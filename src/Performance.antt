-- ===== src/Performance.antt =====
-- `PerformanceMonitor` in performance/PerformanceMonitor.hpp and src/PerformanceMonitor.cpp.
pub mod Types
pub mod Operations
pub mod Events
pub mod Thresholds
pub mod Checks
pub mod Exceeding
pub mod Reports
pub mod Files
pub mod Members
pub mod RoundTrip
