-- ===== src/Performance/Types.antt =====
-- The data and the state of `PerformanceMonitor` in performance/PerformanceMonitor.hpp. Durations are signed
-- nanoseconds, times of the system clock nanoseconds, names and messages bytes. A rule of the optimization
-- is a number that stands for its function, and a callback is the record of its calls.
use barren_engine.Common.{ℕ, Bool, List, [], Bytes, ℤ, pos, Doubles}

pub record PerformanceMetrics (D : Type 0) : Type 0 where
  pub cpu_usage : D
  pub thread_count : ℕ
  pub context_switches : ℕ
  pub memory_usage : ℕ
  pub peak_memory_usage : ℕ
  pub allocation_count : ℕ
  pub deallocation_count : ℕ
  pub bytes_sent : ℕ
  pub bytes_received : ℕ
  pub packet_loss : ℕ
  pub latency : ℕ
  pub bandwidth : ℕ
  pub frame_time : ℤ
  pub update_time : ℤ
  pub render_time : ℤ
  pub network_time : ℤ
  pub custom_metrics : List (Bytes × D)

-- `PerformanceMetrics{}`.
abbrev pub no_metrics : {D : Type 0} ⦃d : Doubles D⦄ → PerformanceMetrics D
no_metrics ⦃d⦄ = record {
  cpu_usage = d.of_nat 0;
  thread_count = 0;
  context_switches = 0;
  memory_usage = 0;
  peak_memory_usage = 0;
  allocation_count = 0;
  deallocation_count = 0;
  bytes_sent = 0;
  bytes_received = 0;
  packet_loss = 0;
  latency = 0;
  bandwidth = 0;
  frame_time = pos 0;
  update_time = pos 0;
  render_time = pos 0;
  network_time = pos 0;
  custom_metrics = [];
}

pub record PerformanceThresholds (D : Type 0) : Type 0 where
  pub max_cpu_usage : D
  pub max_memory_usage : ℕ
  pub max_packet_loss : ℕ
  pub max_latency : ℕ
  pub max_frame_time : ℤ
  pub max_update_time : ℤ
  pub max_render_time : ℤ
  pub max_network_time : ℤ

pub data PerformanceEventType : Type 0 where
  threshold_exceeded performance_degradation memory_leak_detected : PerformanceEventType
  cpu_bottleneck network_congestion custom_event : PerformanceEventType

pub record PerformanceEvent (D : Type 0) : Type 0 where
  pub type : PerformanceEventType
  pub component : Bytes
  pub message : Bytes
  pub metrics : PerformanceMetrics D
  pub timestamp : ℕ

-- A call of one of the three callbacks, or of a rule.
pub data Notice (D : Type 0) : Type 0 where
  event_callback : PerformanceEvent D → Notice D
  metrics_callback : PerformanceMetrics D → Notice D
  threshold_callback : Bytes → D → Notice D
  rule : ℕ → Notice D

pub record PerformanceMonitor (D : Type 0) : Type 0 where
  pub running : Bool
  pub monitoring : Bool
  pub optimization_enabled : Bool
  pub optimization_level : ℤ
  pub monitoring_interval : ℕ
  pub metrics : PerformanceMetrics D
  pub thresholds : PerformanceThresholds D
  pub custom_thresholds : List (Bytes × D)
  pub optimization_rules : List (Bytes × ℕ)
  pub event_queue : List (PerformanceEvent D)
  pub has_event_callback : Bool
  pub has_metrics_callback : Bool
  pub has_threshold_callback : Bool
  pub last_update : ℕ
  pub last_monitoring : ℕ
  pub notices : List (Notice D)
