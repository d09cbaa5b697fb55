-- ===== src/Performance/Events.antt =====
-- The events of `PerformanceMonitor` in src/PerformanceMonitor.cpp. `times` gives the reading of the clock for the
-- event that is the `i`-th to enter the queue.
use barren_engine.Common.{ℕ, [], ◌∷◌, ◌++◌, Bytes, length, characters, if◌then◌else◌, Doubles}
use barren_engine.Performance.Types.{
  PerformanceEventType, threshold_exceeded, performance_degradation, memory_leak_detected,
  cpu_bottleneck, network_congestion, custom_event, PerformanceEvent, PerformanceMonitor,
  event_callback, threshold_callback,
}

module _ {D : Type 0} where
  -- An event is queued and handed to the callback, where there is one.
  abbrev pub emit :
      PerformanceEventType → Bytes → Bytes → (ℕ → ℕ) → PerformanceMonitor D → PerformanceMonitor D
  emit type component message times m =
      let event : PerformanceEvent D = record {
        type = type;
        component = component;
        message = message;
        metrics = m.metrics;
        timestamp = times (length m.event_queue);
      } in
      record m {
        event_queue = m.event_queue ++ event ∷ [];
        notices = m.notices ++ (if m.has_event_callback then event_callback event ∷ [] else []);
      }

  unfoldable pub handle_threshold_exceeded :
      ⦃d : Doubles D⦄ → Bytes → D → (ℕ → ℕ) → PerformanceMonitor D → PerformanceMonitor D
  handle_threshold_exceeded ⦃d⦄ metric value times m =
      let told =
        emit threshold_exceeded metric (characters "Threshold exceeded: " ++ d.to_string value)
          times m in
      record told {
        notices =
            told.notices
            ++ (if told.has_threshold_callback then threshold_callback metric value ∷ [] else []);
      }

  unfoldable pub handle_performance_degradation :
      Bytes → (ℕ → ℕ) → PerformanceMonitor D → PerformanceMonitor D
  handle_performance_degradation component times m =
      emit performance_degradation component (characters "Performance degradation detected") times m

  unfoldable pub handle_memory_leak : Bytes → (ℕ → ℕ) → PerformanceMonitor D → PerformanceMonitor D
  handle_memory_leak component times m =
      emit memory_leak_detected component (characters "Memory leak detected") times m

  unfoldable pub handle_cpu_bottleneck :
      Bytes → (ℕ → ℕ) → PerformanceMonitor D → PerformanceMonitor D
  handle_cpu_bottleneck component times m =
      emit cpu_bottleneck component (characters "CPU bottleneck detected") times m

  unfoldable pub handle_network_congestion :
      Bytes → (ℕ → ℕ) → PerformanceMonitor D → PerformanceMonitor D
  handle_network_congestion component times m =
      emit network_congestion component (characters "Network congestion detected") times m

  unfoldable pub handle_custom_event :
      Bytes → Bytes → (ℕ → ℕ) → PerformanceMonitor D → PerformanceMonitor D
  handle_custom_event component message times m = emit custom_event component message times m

• [Brief]: Of the lines above, output exactly those from the line bearing "emit memory_leak_detected component" through the line bearing "handle_cpu_bottleneck component times", inclusive.

• [Task solution]:
      emit memory_leak_detected component (characters "Memory leak detected") times m

  unfoldable pub handle_cpu_bottleneck :
      Bytes → (ℕ → ℕ) → PerformanceMonitor D → PerformanceMonitor D
  handle_cpu_bottleneck component times m =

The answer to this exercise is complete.